→ What you have to do
From the listing below, copy only the lines from the line that contains "if starts_with path" to the line that contains "activity_for_path path method", counting those two lines as part of the copy.

-- Exercise material follows --

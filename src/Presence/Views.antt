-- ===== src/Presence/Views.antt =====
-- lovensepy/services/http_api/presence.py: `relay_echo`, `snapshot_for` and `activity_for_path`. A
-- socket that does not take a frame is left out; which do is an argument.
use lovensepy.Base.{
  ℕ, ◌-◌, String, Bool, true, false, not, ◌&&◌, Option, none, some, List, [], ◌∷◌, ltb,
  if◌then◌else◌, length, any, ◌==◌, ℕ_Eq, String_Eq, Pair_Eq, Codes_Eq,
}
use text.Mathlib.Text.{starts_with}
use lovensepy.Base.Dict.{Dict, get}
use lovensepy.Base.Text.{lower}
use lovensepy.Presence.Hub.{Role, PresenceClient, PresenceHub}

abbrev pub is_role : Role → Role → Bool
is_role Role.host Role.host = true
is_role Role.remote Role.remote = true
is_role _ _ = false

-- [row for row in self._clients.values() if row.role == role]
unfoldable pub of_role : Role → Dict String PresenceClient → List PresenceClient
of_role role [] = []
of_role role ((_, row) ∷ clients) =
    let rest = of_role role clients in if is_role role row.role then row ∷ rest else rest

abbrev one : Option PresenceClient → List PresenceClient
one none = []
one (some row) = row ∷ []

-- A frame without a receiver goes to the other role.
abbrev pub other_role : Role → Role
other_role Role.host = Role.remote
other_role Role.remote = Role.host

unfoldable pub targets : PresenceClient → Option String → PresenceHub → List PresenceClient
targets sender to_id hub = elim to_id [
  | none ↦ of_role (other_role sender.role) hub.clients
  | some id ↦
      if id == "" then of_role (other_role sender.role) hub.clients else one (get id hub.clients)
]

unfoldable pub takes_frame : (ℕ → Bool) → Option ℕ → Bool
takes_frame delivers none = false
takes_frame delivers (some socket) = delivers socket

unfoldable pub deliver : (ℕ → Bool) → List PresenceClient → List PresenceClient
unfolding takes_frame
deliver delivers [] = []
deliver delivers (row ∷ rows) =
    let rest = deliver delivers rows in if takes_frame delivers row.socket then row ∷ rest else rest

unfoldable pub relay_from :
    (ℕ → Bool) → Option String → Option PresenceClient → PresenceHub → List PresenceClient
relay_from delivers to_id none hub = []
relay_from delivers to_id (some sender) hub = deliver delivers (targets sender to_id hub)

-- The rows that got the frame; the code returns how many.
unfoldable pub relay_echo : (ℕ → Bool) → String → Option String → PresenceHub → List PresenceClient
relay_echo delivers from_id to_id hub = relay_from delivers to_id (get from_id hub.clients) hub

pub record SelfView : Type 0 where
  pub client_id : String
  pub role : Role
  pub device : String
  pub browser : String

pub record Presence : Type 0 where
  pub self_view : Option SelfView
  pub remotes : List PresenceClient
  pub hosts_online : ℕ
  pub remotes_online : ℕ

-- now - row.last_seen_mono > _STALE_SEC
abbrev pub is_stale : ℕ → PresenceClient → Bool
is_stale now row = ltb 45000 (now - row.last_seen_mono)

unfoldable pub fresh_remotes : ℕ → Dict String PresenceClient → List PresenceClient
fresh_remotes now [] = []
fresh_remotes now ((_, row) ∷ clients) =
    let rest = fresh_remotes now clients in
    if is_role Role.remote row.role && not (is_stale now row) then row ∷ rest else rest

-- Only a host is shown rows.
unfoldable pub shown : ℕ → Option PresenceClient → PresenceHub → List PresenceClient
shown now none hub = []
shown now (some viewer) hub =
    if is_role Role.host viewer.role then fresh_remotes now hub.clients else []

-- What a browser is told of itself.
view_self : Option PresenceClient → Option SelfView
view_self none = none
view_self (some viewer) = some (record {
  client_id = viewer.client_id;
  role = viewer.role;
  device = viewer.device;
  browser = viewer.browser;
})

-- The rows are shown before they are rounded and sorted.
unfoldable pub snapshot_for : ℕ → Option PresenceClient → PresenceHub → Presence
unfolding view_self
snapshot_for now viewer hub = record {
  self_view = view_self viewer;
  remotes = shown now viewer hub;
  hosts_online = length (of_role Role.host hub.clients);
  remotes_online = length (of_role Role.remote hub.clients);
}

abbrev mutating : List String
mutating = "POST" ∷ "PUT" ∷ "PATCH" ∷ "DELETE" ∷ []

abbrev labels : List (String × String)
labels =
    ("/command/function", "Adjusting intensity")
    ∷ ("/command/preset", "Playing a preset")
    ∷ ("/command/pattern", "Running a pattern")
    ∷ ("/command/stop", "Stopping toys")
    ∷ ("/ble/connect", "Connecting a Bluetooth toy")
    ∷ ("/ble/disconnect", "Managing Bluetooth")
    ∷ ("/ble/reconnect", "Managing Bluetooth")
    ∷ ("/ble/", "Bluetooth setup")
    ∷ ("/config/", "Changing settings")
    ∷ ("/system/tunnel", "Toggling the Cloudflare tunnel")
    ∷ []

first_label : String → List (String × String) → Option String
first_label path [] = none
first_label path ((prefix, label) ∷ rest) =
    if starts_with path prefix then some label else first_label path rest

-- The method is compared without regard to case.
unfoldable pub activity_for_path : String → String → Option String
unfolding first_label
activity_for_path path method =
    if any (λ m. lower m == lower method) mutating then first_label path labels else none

-- Exercise material concluded --

→ Result below
    if starts_with path prefix then some label else first_label path rest

-- The method is compared without regard to case.
unfoldable pub activity_for_path : String → String → Option String
unfolding first_label
activity_for_path path method =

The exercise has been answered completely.